POST /auth/dev/enroll exchanges a shared secret (sent as the X-Txco-Enroll-Secret header) for an actor + key pair:

  • Auto-bootstrap (default). With no --auth-dev-enroll-secret and an empty actors table, the chassis generates a 4-word secret at boot and prints it in a WARN line. Single-use: once any actor is enrolled the endpoint returns 404, even to the original secret.
  • Explicit secret. --auth-dev-enroll-secret=<s> (or TXCO_AUTH_DEV_ENROLL_SECRET) stays valid for multiple enrolments; the operator manages its lifecycle.
curl -sS -X POST http://localhost:8081/auth/dev/enroll \
  -H 'X-Txco-Enroll-Secret: my-dev-secret' \
  -H 'Content-Type: application/json' \
  -d '{"public_key_b64":"<base64-ed25519-pubkey>","algorithm":"ed25519","label":"laptop","kind":"human"}'
# → {"actor_id":"actor_…","key_id":"key_…","capabilities":["admin:all"]}

In normal workflows the CLI does this: txco auth bootstrap-local.

Teammates: invitations

After the first admin, teammates onboard via invitation tokens. Create/list/revoke are tenant-scoped; consume is global and unsigned:

Method · PathAuth
POST /v1/tenants/{t}/auth/invitationssigned (actor:invite)
GET /v1/tenants/{t}/auth/invitationssigned (actor:read)
POST /v1/tenants/{t}/auth/invitations/{id}/revokesigned (actor:revoke)
POST /auth/invitations/consumeunsigned — {token, public_key_b64, algorithm, …}

Tokens are word-list strings (≥96 bits), stored only as a SHA-256 hash, single-use (conditional-update consume), TTL 24h by default and capped at 7d. Expired, revoked, consumed, and unknown tokens all return the same 401 invalid_token — callers can’t probe one state to learn another.

Endpoint map

Always unauthenticated: GET /healthz (returns ok), POST /auth/dev/enroll, POST /auth/invitations/consume.

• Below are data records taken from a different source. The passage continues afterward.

-- ===== src/Tests/Configs.antt =====
-- The checks of the configuration at concrete inputs.
use backhaul_plus.Result.{ok}
use backhaul_plus.Start.Routed.{AllReachable, validate_config-AllReachable}
use backhaul_plus.Config.Validate.{validate_config}
use backhaul_plus.Config.Validate.Valid.{IsValid, validate_config-IsValid}
use backhaul_plus.Prelude.{Option, none, ℤ, negsuc, pos}
use backhaul_plus.Ports.{mapping_of_parts}
use backhaul_plus.Ports.Agreement.{opened, expected, mapping_of_parts-opened}
use backhaul_plus.Net.{atoi}
use backhaul_plus.Strings.{split}
use backhaul_plus.Config.Error.{ListenOwner, owner_port}
use backhaul_plus.Config.Listeners.{no_ports, register_addr}
use backhaul_plus.Config.Listeners.Disjoint.{Answers, register_addr-Answers}
use backhaul_plus.Config.Routes.{sni_gateway, http_gateway}
use backhaul_plus.Config.Routes.{normalize_sni_key}
use backhaul_plus.Strings.{has_suffix, to_lower, trim_space, trim_suffix}
use backhaul_plus.Maps.{insert, lookup}
use backhaul_plus.Net.{atoi, split_host_port}
use backhaul_plus.Config.ByteSize.{is_all_digits}
use backhaul_plus.Prelude.{◌≡◌, refl, Bool, List, [], ◌∷◌, pos, true, false, ◌||◌}
use backhaul_plus.Config.{
  Config, ServerConfig, SniGatewayRouteConfig, HttpGatewayRouteConfig, tcp, SniGatewayConfig,
  HttpGatewayConfig, ClientConfig, ws_mux,
}
use backhaul_plus.Config.ByteSize.{parse_byte_size, parse_tcp_copy_buffer}
use backhaul_plus.Config.PortMapping.{port_mapping_listen_addrs}
use backhaul_plus.Config.Routes.{sni_routes, http_routes, check_route}
use backhaul_plus.Maps.{Map}
use backhaul_plus.Strings.{Bytes, codes, equal}

abbrev sample_server : ServerConfig
sample_server = record {
  name = codes "TR1";
  bind_addr = codes ":3080";
  transport = tcp;
  token = [];
  allow_multi_ip = false;
  nodelay = false;
  keepalive = pos 0;
  channel_size = pos 0;
  log_level = codes "loud";
  ports = codes "443" ∷ [];
  pprof = false;
  mux_session = pos 0;
  mux_version = pos 7;
  max_frame_size = pos 0;
  max_receive_buffer = pos 0;
  max_stream_buffer = pos 0;
  sniffer = false;
  web_port = pos 0;
  sniffer_log = [];
  tls_cert_file = [];
  tls_key_file = [];
  heartbeat = pos 0;
  mux_con = pos 0;
  accept_udp = false;
  tcp_copy_buffer = codes " ";
  tcp_copy_buffer_bytes = pos 0;
}

abbrev sample_servers : Map ServerConfig
sample_servers = (codes "TR1", sample_server) ∷ []

abbrev sample_config : Config
sample_config = record {
  runtime = record {
    memory_release_interval = [];
    auto_restart_interval = [];
    memory_release_interval_duration = pos 0;
    auto_restart_interval_duration = pos 0;
  };
  servers = sample_server ∷ [];
  clients = [];
  sni_gateways = [];
  http_gateways = [];
}

abbrev known_level : Bytes → Bool
known_level v = equal v (codes "info") || equal v (codes "debug")

abbrev sample_routes : List SniGatewayRouteConfig
sample_routes = record { sni = codes " A.b. "; server = codes "TR1 "; target = codes "443" } ∷ []

abbrev sample_http_routes : List HttpGatewayRouteConfig
sample_http_routes =
    record { host = codes "A.b:80"; server = codes "TR1 "; target = codes "443" } ∷ []

abbrev sample_owner : ListenOwner
sample_owner = record { kind = owner_port; name = codes "TR1" }

abbrev first_owner : (Bytes × ListenOwner) → Map ListenOwner → ListenOwner
first_owner entry rest = entry.1

register_addr-Answers_example :
    Answers
      (codes "1.1.1.1")
      80
      sample_owner
      no_ports
      (register_addr first_owner (codes "1.1.1.1") 80 sample_owner no_ports)
register_addr-Answers_example =
    register_addr-Answers (codes "1.1.1.1") 80 sample_owner no_ports first_owner

abbrev sample_sni_gateway : SniGatewayConfig
sample_sni_gateway = record {
  name = codes "g";
  listen_addr = codes ":8443";
  inspect_timeout = pos 1;
  default_action = codes "reject";
  routes = sample_routes;
  route_map = [];
}

abbrev sample_http_gateway : HttpGatewayConfig
sample_http_gateway = record {
  name = codes "h";
  listen_addr = codes ":80";
  inspect_timeout = pos 1;
  max_header_bytes = pos 256;
  default_action = codes "reject";
  routes = sample_http_routes;
  route_map = [];
}

abbrev checked_sni_gateway : SniGatewayConfig
checked_sni_gateway = record sample_sni_gateway {
  route_map =
      (codes "a.b", record { sni = codes "a.b"; server = codes "TR1"; target = codes "443" }) ∷ [];
}

abbrev checked_http_gateway : HttpGatewayConfig
checked_http_gateway = record sample_http_gateway {
  route_map =
      (codes "a.b", record { host = codes "a.b"; server = codes "TR1"; target = codes "443" }) ∷ [];
}

mapping_of_parts-opened_example :
    opened (mapping_of_parts (split (codes "443-445") b'='))
    ≡ expected (port_mapping_listen_addrs (codes "443-445"))
unfolding backhaul_plus.Strings.contains backhaul_plus.Strings.trim_space
mapping_of_parts-opened_example = mapping_of_parts-opened (codes "443-445") refl refl

abbrev whole_config : Config
whole_config = record sample_config {
  servers = record sample_server { tcp_copy_buffer = codes "4kb" } ∷ [];
  sni_gateways = sample_sni_gateway ∷ [];
}

abbrev whole_checked : Config
whole_checked = record whole_config {
  servers =
      record sample_server { tcp_copy_buffer = codes "4kb"; tcp_copy_buffer_bytes = pos 4096 } ∷ [];
  sni_gateways = checked_sni_gateway ∷ [];
}

abbrev no_duration : Bytes → Option ℤ
no_duration value = none

whole_config_ok : validate_config no_duration first_owner whole_config ≡ ok whole_checked
unfolding validate_config backhaul_plus.Config.Durations.validate_runtime_config
    backhaul_plus.Config.Durations.parse_optional_duration equal trim_space
    backhaul_plus.Config.Validate.servers_by_name lookup
    backhaul_plus.Config.Routes.validate_sni_gateways sni_gateway sni_routes check_route
    normalize_sni_key trim_suffix to_lower insert backhaul_plus.Config.Routes.validate_http_gateways
    backhaul_plus.Config.Listeners.validate_listeners
    backhaul_plus.Config.Listeners.server_listeners is_all_digits parse_tcp_copy_buffer
    backhaul_plus.Config.ByteSize.parse_tunnel_tcp_buffer
    backhaul_plus.Config.Listeners.gateway_listener backhaul_plus.Config.Listeners.http_listeners
    backhaul_plus.Config.Listeners.mapping_listeners backhaul_plus.Config.Listeners.port_listeners
    register_addr backhaul_plus.Config.Listeners.sni_listeners
    backhaul_plus.Config.PortMapping.as_port backhaul_plus.Config.PortMapping.is_wildcard_host
    backhaul_plus.Config.PortMapping.parse_host_port port_mapping_listen_addrs
    backhaul_plus.Config.PortMapping.single_addrs backhaul_plus.Config.Routes.known_server
    backhaul_plus.Config.Validate.check_inbound backhaul_plus.Config.Validate.parse_client_buffers
    backhaul_plus.Config.Validate.parse_server_buffers
    backhaul_plus.Config.Validate.parse_tunnel_buffers atoi parse_byte_size split_host_port
    backhaul_plus.Strings.contains has_suffix backhaul_plus.Strings.index_byte
whole_config_ok = refl

validate_config-IsValid_example : IsValid whole_checked
validate_config-IsValid_example =
    validate_config-IsValid no_duration first_owner whole_config whole_config_ok

validate_config-AllReachable_example : AllReachable whole_checked
validate_config-AllReachable_example =
    validate_config-AllReachable no_duration first_owner whole_config (refl, tt) whole_config_ok

abbrev sample_client : ClientConfig
sample_client = record {
  name = codes "C1";
  remote_addr = codes "10.0.0.1:3080";
  transport = ws_mux;
  token = [];
  connection_pool = pos 0;
  retry_interval = negsuc 0;
  nodelay = true;
  keepalive = pos 0;
  log_level = [];
  pprof = false;
  mux_session = pos 0;
  mux_version = pos 0;
  max_frame_size = pos 0;
  max_receive_buffer = pos 0;
  max_stream_buffer = pos 0;
  sniffer = false;
  web_port = pos 0;
  sniffer_log = [];
  dial_timeout = pos 0;
  aggressive_pool = false;
  edge_ip = [];
  tunnel_tcp_buffer = [];
  tunnel_tcp_buffer_bytes = pos 0;
  tcp_copy_buffer = [];
  tcp_copy_buffer_bytes = pos 0;
}

abbrev unaddressed_client : ClientConfig
unaddressed_client = record sample_client { remote_addr = [] }

-- A client with an address behind one without.
abbrev client_side : Config
client_side = record sample_config {
  servers = [];
  clients = unaddressed_client ∷ sample_client ∷ [];
}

Everything else goes through auth middleware.

Global:

EndpointWhat
GET /auth/whoamiEcho the caller’s auth context (source: signed | basic | open)
POST /auth/keys/{keyID}/revokeRevoke a key (actor:revoke)
GET·DELETE /auth/browser/sessionBrowser-session introspection / logout (admin UI)
GET·POST /v1/tenantsList / create tenants

Tenant-scoped, under /v1/tenants/{tenant}:

EndpointWhat
GET /opsList the tenant’s compiled rules
GET /stacks · GET /stacks/{name}List stacks / stack detail
POST /stacks/{name}/draftOpen a new draft version
PUT·PATCH·DELETE /stacks/{name}/versions/{n}/filesEdit the draft’s files
POST /stacks/{name}/versions/{n}/validateParse-check a version
POST /stacks/{name}/activateAtomic pointer flip to a version
GET /stacks/{name}/versions · /diffHistory / compare
PUT·HEAD /computes/{alg}/{digest}Upload / probe content-addressed wasm
GET·POST /hostnames · DELETE /hostnames/{h}Hostname bindings (ingress.md)
POST /hostnames/{h}/attach · /challengesBind to a stack / start ownership verification
GET·POST /auth/members · DELETE /auth/members/{actor}Tenant membership
GET /auth/actors · POST /auth/actors/{id}/revokeActor list / revoke
GET /traces/requests.json · /requests/{rid}.json · /traces/streamTrace list / detail / live stream (trace.md)

Also present: POST /v1/cli (the admin UI’s command bridge), POST /v1/fleet/resync, and GET·PUT /v1/dns/config.

Stack versions, not rule imports

Rules change through versioned stacks: open a draft, put files, validate, then activate — an atomic pointer flip with full history (/versions, /diff), which is also the rollback path (activate a prior version). txco apply drives this flow for you.

The pre-tenancy endpoints (GET /v1/ops, POST /v1/ops/import, and the global actor/invitation routes) are retired: they return 410 route_retired with a JSON pointer to the tenant-scoped replacement.